| Task instructions |
Every line in the listing below from the one with "unused_from_lt (f ∷" through the one with "has_file-fill_first g []" is to be reproduced exactly, both ends included; leave out the rest.

Segment Open

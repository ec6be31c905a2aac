-- ===== src/FileSystem/Table.antt =====
-- The file table of src/filesystem.c: how `find_file`, `fs_create` and `fs_delete` search and change
-- it, and the invariant that they keep.
use mathlib.Core.Bool.{false≢true}
use fleetos.Base.{
  ℕ, suc, ◌+◌, ◌<◌, ◌≡◌, refl, ap, ◌∙◌, Bool, true, false, ◌&&◌, not, List, [], ◌∷◌, arith,
  if◌then◌else◌, length, get_or, set, take, any_of, count_if, Bool-cases, inl, inr, ℤ, pos,
  minus_one, is_neg, same_text, same_text_iff, same_text_refl,
}
use fleetos.FileSystem.{
  FileSystem, FileEntry, unused_entry, new_entry, max_files, file_from, find_file, unused_from,
  fs_create,
}

-- The entry is a file with this path.
abbrev pub matches : List ℕ → FileEntry → Bool
matches path f = f.used && same_text f.path path

abbrev pub has_file : List ℕ → List FileEntry → Bool
has_file path files = any_of (matches path) files

abbrev pub is_used : FileEntry → Bool
is_used f = f.used

pub file_from-absent :
    (i : ℕ) (files : List FileEntry) (path : List ℕ)
    → has_file path files ≡ false
    → file_from i files path ≡ minus_one
unfolding file_from
file_from-absent i [] path h = refl
file_from-absent i (f ∷ files) path h = ground (arith, file_from-absent (suc i) files path)

-- The index of the first file with the path.
pub record Found (i : ℕ) (files : List FileEntry) (path : List ℕ) (r : ℤ) (j : ℕ) : Type 0 where
  pub result : r ≡ pos (i + j)
  pub within : j < length files
  pub hit : matches path (get_or files j unused_entry) ≡ true

pub file_from-present :
    (i : ℕ) (files : List FileEntry) (path : List ℕ)
    → has_file path files ≡ true
    → (j : ℕ) × Found i files path (file_from i files path) j
unfolding file_from
file_from-present i [] path h = absurd (false≢true h)
file_from-present i (f ∷ files) path h = elim (Bool-cases (matches path f)) [
  | inl e ↦ (0, rw e (record { result = ap pos (omega arith); within = omega arith; hit = e }))
  | inr e ↦
      (let (j, found) = file_from-present (suc i) files path (rw e at h) in
        (
          suc j,
          rw e (record {
            result = found.result ∙ ap pos (omega arith);
            within = omega (arith, found.within);
            hit = found.hit;
          }),
        ))
]

-- `find_file` is -1 exactly when no used entry has the path.
pub find_file-is_neg :
    (fs : FileSystem) (path : List ℕ) → is_neg (find_file fs path) ≡ not (has_file path fs.files)
find_file-is_neg fs path = elim (Bool-cases (has_file path fs.files)) [
  | inl e ↦ (let (j, found) = file_from-present 0 fs.files path e in rw (e, found.result))
  | inr e ↦ rw (e, file_from-absent 0 fs.files path e)
]

-- No two used entries have one path.
abbrev pub UniquePaths : List FileEntry → Type 0
UniquePaths [] = Unit
UniquePaths (f ∷ files) = (f.used ≡ true → has_file f.path files ≡ false) × UniquePaths files

pub record IsTable (fs : FileSystem) : Type 0 where
  pub size : length fs.files ≡ max_files
  pub counted : fs.file_count ≡ count_if is_used fs.files
  pub unique : UniquePaths fs.files

unused_from-suc :
    (i : ℕ) (files : List FileEntry) → unused_from (suc i) files ≡ suc (unused_from i files)
unfolding unused_from
unused_from-suc i [] = refl
unused_from-suc i (f ∷ files) = ground (arith, unused_from-suc (suc i) files)

-- The table with `g` in its first unused entry.
pub fill_first : FileEntry → List FileEntry → List FileEntry
fill_first g [] = []
fill_first g (f ∷ files) = if f.used then f ∷ fill_first g files else g ∷ files

set-unused_from :
    (g : FileEntry) (files : List FileEntry)
    → set files (unused_from 0 files) g ≡ fill_first g files
unfolding unused_from fill_first
set-unused_from g [] = refl
set-unused_from g (f ∷ files) = ground (arith, unused_from-suc 0 files, set-unused_from g files)

unused_from_lt :
    (files : List FileEntry)
    → count_if is_used files < length files
    → unused_from 0 files < length files
unfolding unused_from
unused_from_lt [] h = h
unused_from_lt (f ∷ files) h = ground (arith, unused_from-suc 0 files, unused_from_lt files)

count-fill_first :
    (g : FileEntry) (files : List FileEntry)
    → g.used ≡ true
    → count_if is_used files < length files
    → count_if is_used (fill_first g files) ≡ count_if is_used files + 1
unfolding fill_first
count-fill_first g [] u h = absurd (omega arith)
count-fill_first g (f ∷ files) u h = ground (arith, count-fill_first g files u)

has_file-fill_first :
    (g : FileEntry) (files : List FileEntry) (path : List ℕ)
    → g.used ≡ true
    → count_if is_used files < length files
    → has_file path (fill_first g files)
      ≡ (if same_text g.path path then true else has_file path files)
unfolding fill_first
has_file-fill_first g [] path u h = absurd (omega arith)
has_file-fill_first g (f ∷ files) path u h = ground (arith, has_file-fill_first g files path u)

unique-fill_first :
    (g : FileEntry) (files : List FileEntry)
    → g.used ≡ true
    → count_if is_used files < length files
    → has_file g.path files ≡ false
    → UniquePaths files
    → UniquePaths (fill_first g files)
unfolding fill_first
unique-fill_first g [] u h absent q = tt
unique-fill_first g (f ∷ files) u h absent q = elim (Bool-cases f.used) [
  | inl e ↦ rw e (
    (λ used.
        rw (has_file-fill_first g files f.path u (ground arith))
          (ground (arith, same_text_iff g.path f.path, same_text_refl f.path, q.0 e))),
    unique-fill_first g files u (ground arith) (ground arith) q.1,
  )
  | inr e ↦ rw e ((λ used. ground arith), q.1)
]

length-fill_first :
    (g : FileEntry) (files : List FileEntry) → length (fill_first g files) ≡ length files
unfolding fill_first
length-fill_first g [] = refl
length-fill_first g (f ∷ files) = ground (arith, length-fill_first g files)

abbrev pub IsPath : List ℕ → Type 0
IsPath path = take 63 path ≡ path

-- The table has room for a new file.
abbrev pub HasRoom : FileSystem → Type 0
HasRoom fs = fs.file_count < max_files

pub new_file :
    {fs : FileSystem} (path : List ℕ)
    → IsTable fs
    → HasRoom fs
    → has_file path fs.files ≡ false
    → fs_create fs path ≡ (
      record fs { files = fill_first (new_entry path) fs.files; file_count = fs.file_count + 1 },
      pos 0,
    )
unfolding fs_create
new_file {fs} path v room absent = ground (
  arith,
  find_file-is_neg fs path,
  unused_from_lt fs.files,
  set-unused_from (new_entry path) fs.files,
)

old_file :
    {fs : FileSystem} (path : List ℕ)
    → IsTable fs
    → HasRoom fs
    → has_file path fs.files ≡ true
    → fs_create fs path ≡ (fs, pos 0)
unfolding fs_create
old_file {fs} path v room present = ground (arith, find_file-is_neg fs path)

-- `fs_create` of a path that fits the entry, with room in the table: it returns 0, the path is a
-- file afterwards, and no other path became or ceased to be one. The table stays well-formed.
pub record Created (fs : FileSystem) (path : List ℕ) (out : FileSystem × ℤ) : Type 0 where
  pub result : out.1 ≡ pos 0
  pub made : has_file path out.0.files ≡ true
  pub others :
      (q : List ℕ) → same_text path q ≡ false → has_file q out.0.files ≡ has_file q fs.files
  pub table : IsTable out.0
  pub content : (out.0.blocks ≡ fs.blocks) × (out.0.fat ≡ fs.fat)

pub fs_create-Created :
    {fs : FileSystem} (path : List ℕ)
    → IsTable fs
    → HasRoom fs
    → IsPath path
    → Created fs path (fs_create fs path)
fs_create-Created {fs} path v room short = elim (Bool-cases (has_file path fs.files)) [
  | inl e ↦
      rw (old_file path v room e) (record {
        result = refl;
        made = e;
        others = λ q h. refl;
        table = v;
        content = (refl, refl);
      })
  | inr e ↦
      (let free : count_if is_used fs.files < length fs.files = omega arith in
        let has = λ (q : List ℕ). has_file-fill_first (new_entry path) fs.files q refl free in
        rw (new_file path v room e) (record {
          result = refl;
          made = has path ∙ rw (short, same_text_refl path);
          others = λ q h. has q ∙ rw (short, h);
          table = record {
            size = length-fill_first (new_entry path) fs.files ∙ v.size;
            counted = omega (arith, count-fill_first (new_entry path) fs.files refl free);
            unique = unique-fill_first (new_entry path) fs.files refl free (rw (short, e)) v.unique;
          };
          content = (refl, refl);
        }))
]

Segment Closed

| Exercise response |
unused_from_lt (f ∷ files) h = ground (arith, unused_from-suc 0 files, unused_from_lt files)

count-fill_first :
    (g : FileEntry) (files : List FileEntry)
    → g.used ≡ true
    → count_if is_used files < length files
    → count_if is_used (fill_first g files) ≡ count_if is_used files + 1
unfolding fill_first
count-fill_first g [] u h = absurd (omega arith)
count-fill_first g (f ∷ files) u h = ground (arith, count-fill_first g files u)

has_file-fill_first :
    (g : FileEntry) (files : List FileEntry) (path : List ℕ)
    → g.used ≡ true
    → count_if is_used files < length files
    → has_file path (fill_first g files)
      ≡ (if same_text g.path path then true else has_file path files)
unfolding fill_first
has_file-fill_first g [] path u h = absurd (omega arith)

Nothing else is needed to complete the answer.